While ensuring your clients have a clean, safe ride is imperative, protecting your employees from exposure is equally important. "Ordinary diseases of life" (i.e., those to which the general public is equally exposed) are generally excluded from workers' compensation insurance programs, but if an employee can establish a direct causal connection to the workplace (e.g., a chauffeur transported a client who has tested positive for COVID-19), there may be a valid argument for workers' compensation insurance coverage. To the extent that other claims for employee-related coronavirus illness do not qualify for workers' compensation benefits, coverage might still be afforded under certain insurance policies. Business should review their insurance policies for relevant provisions.

The COVID-19 pandemic has raised questions as to whether the outbreak and ensuing government restrictions will excuse non-performance of otherwise binding contracts. Changing COVID-19 developments impact a party’s ability to potentially excuse contractual nonperformance through multiple legal theories, including force majeure provisions. The results will depend on the contractual language, the state law governing the contract, and purpose of the contract.

Traditionally, force majeure clauses can excuse a party’s nonperformance under a contract when extraordinary or unforeseen events prevent a party from fulfilling its contractual obligations. As defined by the leading treatise on contracts, a force majeure clause provides a means by which the parties may anticipate, in advance, a condition that will make performance impracticable.  When parties find that their contracts are silent on the force majeure issue, parties should assess alternative common law mechanisms for excuse of nonperformance. In the present circumstances, impossibility of performance via various government declarations would enable a viable argument that performance was rendered impossible “by law.”

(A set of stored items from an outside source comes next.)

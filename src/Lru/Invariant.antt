-- ===== src/Lru/Invariant.antt =====
-- What holds of the eight lists of src/policies/lru.c and their pages between steps, and that a page
-- which is taken off one list and put on another keeps it.
use hemem.Prelude.{
  ℕ, zero, suc, ◌+◌, ◌<◌, ◌≤◌, ◌^◌, ◌≡◌, Bool-cases, inl, inr, true, false, not, some, Ptr, is_null,
  ◌==◌, arith, Returns, mono,
}
use hemem.Fifo.{Store}
use hemem.Fifo.Moves.{IsWell, entries, Dequeued, Enqueued}
use hemem.Memory.Page.{Page, hugep}
use hemem.Memory.Kernel.{Env}
use hemem.Memory.State.{State, set_page}
use hemem.Pebs.Lists.{list_of, enqueue}
use hemem.Pebs.Invariant.{Apart, Placed}
use hemem.Pebs.Invariant.Steps.{Relinked, enqueue_lem}
use hemem.Pebs.Invariant.Move.{Replaced, moves-Replaced}
use hemem.Lru.Lists.{is_lru_dram, is_lru_free}

-- The number of pages on the eight lists.
abbrev pub lru_listed : Store → ℕ
lru_listed m =
    entries m 0
    + entries m 1
    + entries m 2
    + entries m 3
    + entries m 4
    + entries m 5
    + entries m 6
    + entries m 7

-- What the list that a page is on says of the page.
pub record LruFits (e : Env) (list : Ptr) (pg : Page) : Type 0 where
  -- it is one of the eight lists, and of the page's own tier
  pub known : (l : ℕ) → list ≡ some l → l < 8
  pub tier : (l : ℕ) → list ≡ some l → pg.in_dram ≡ is_lru_dram l
  -- the pages in use are those of the lists that are not free lists
  pub live : pg.present ≡ true → is_null list ≡ false
  pub used : (l : ℕ) → list ≡ some l → pg.present ≡ not (is_lru_free l)
  -- a listed page has a frame of its tier
  pub placed : (l : ℕ) → list ≡ some l → Placed e pg
  pub huge : (l : ℕ) → list ≡ some l → pg.pt ≡ hugep

-- The eight lists are well linked and hold `n` pages in all, no two with the same frame.
pub record LruInv (e : Env) (n : ℕ) (s : State e.table.Table) : Type 0 where
  pub well : IsWell s.store
  pub count : lru_listed s.store ≡ n
  pub small : n < 2 ^ 64
  pub fits : (q : ℕ) → LruFits e (list_of s q) (s.page q)
  pub apart : Apart s

eight_lists : (P : ℕ → Type 0) (l : ℕ) → l < 8 → P 0 → P 1 → P 2 → P 3 → P 4 → P 5 → P 6 → P 7 → P l
eight_lists P zero h p0 p1 p2 p3 p4 p5 p6 p7 = p0
eight_lists P (suc zero) h p0 p1 p2 p3 p4 p5 p6 p7 = p1
eight_lists P (suc (suc zero)) h p0 p1 p2 p3 p4 p5 p6 p7 = p2
eight_lists P (suc (suc (suc zero))) h p0 p1 p2 p3 p4 p5 p6 p7 = p3
eight_lists P (suc (suc (suc (suc zero)))) h p0 p1 p2 p3 p4 p5 p6 p7 = p4
eight_lists P (suc (suc (suc (suc (suc zero))))) h p0 p1 p2 p3 p4 p5 p6 p7 = p5
eight_lists P (suc (suc (suc (suc (suc (suc zero)))))) h p0 p1 p2 p3 p4 p5 p6 p7 = p6
eight_lists P (suc (suc (suc (suc (suc (suc (suc zero))))))) h p0 p1 p2 p3 p4 p5 p6 p7 = p7
eight_lists P (suc (suc (suc (suc (suc (suc (suc (suc l)))))))) h p0 p1 p2 p3 p4 p5 p6 p7 =
    absurd (omega arith)

entries-le-lru_listed : (l : ℕ) (m : Store) → l < 8 → entries m l ≤ lru_listed m
entries-le-lru_listed l m h =
    eight_lists (λ k. entries m k ≤ lru_listed m) l h (omega arith) (omega arith) (omega arith)
      (omega arith) (omega arith) (omega arith) (omega arith) (omega arith)

lru_listed-Enqueued :
    {p : ℕ} (l : ℕ) {m m' : Store} → Enqueued p l m m' → l < 8 → lru_listed m' ≡ lru_listed m + 1
lru_listed-Enqueued l en h = ground (
  arith,
  en.count 0,
  en.count 1,
  en.count 2,
  en.count 3,
  en.count 4,
  en.count 5,
  en.count 6,
  en.count 7,
)

lru_listed-Dequeued :
    {p : ℕ} (l : ℕ) {m m' : Store} → Dequeued p l m m' → l < 8 → lru_listed m ≡ lru_listed m' + 1
lru_listed-Dequeued l out h = ground (
  arith,
  out.count 0,
  out.count 1,
  out.count 2,
  out.count 3,
  out.count 4,
  out.count 5,
  out.count 6,
  out.count 7,
)

module _ {e : Env} {n : ℕ} {s : State e.table.Table} (p : ℕ) (inv : LruInv e n s) (l : ℕ) (l' : ℕ)
    (x : Page) (fits : LruFits e (some l') x) (same_tier : x.in_dram ≡ (s.page p).in_dram)
    (same_frame : x.devdax_offset ≡ (s.page p).devdax_offset) where
  -- Page `p` came off list `l`, is changed to `x`, and goes on list `l'`.
  pub requeue_lem :
      (s1 : State e.table.Table)
      → Relinked s s1 × Dequeued p l s.store s1.store
      → l < 8
      → l' < 8
      → Returns (λ s2. LruInv e n s2 × Replaced p l' x s s2) (enqueue l' p (set_page s1 p x))
  requeue_lem s1 (eq1, out) l-lt l'-lt =
      let less = lru_listed-Dequeued l out l-lt in
      mono
        (enqueue_lem l' p (set_page s1 p x) out.moved.well (ground (arith, out.moved.place p))
          (omega (arith, inv.count, inv.small, entries-le-lru_listed l' s1.store l'-lt)))
        λ s2 (eq2, into).
          let c = moves-Replaced p l l' x s s1 s2 (eq1, out) (eq2, into) in
          (
            record {
              well = into.moved.well;
              count = omega (arith, inv.count, lru_listed-Enqueued l' into l'-lt);
              small = inv.small;
              fits = λ q. elim (Bool-cases (q == p)) [
                | inl is ↦ rw (c.place q, c.page q, is) fits
                | inr ne ↦ rw (c.place q, c.page q, ne) (inv.fits q)
              ];
              apart = λ q r a b d o.
                  inv.apart q r (ground (arith, c.place q, out.was))
                    (ground (arith, c.place r, out.was)) (ground (arith, c.page q, c.page r))
                    (ground (arith, c.page q, c.page r));
            },
            c,
          )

As the COVID-19 pandemic continues to develop, businesses should take proactive steps to ensure continuity of operations sufficient to meet existing contractual obligations and evaluate whether their counterparties are doing the same. There are potentially multiple grounds to excuse non-performance due to the COVID-19 pandemic and ensuing government actions, which requires particular examination of the contractual language and the case law of the relevant jurisdiction.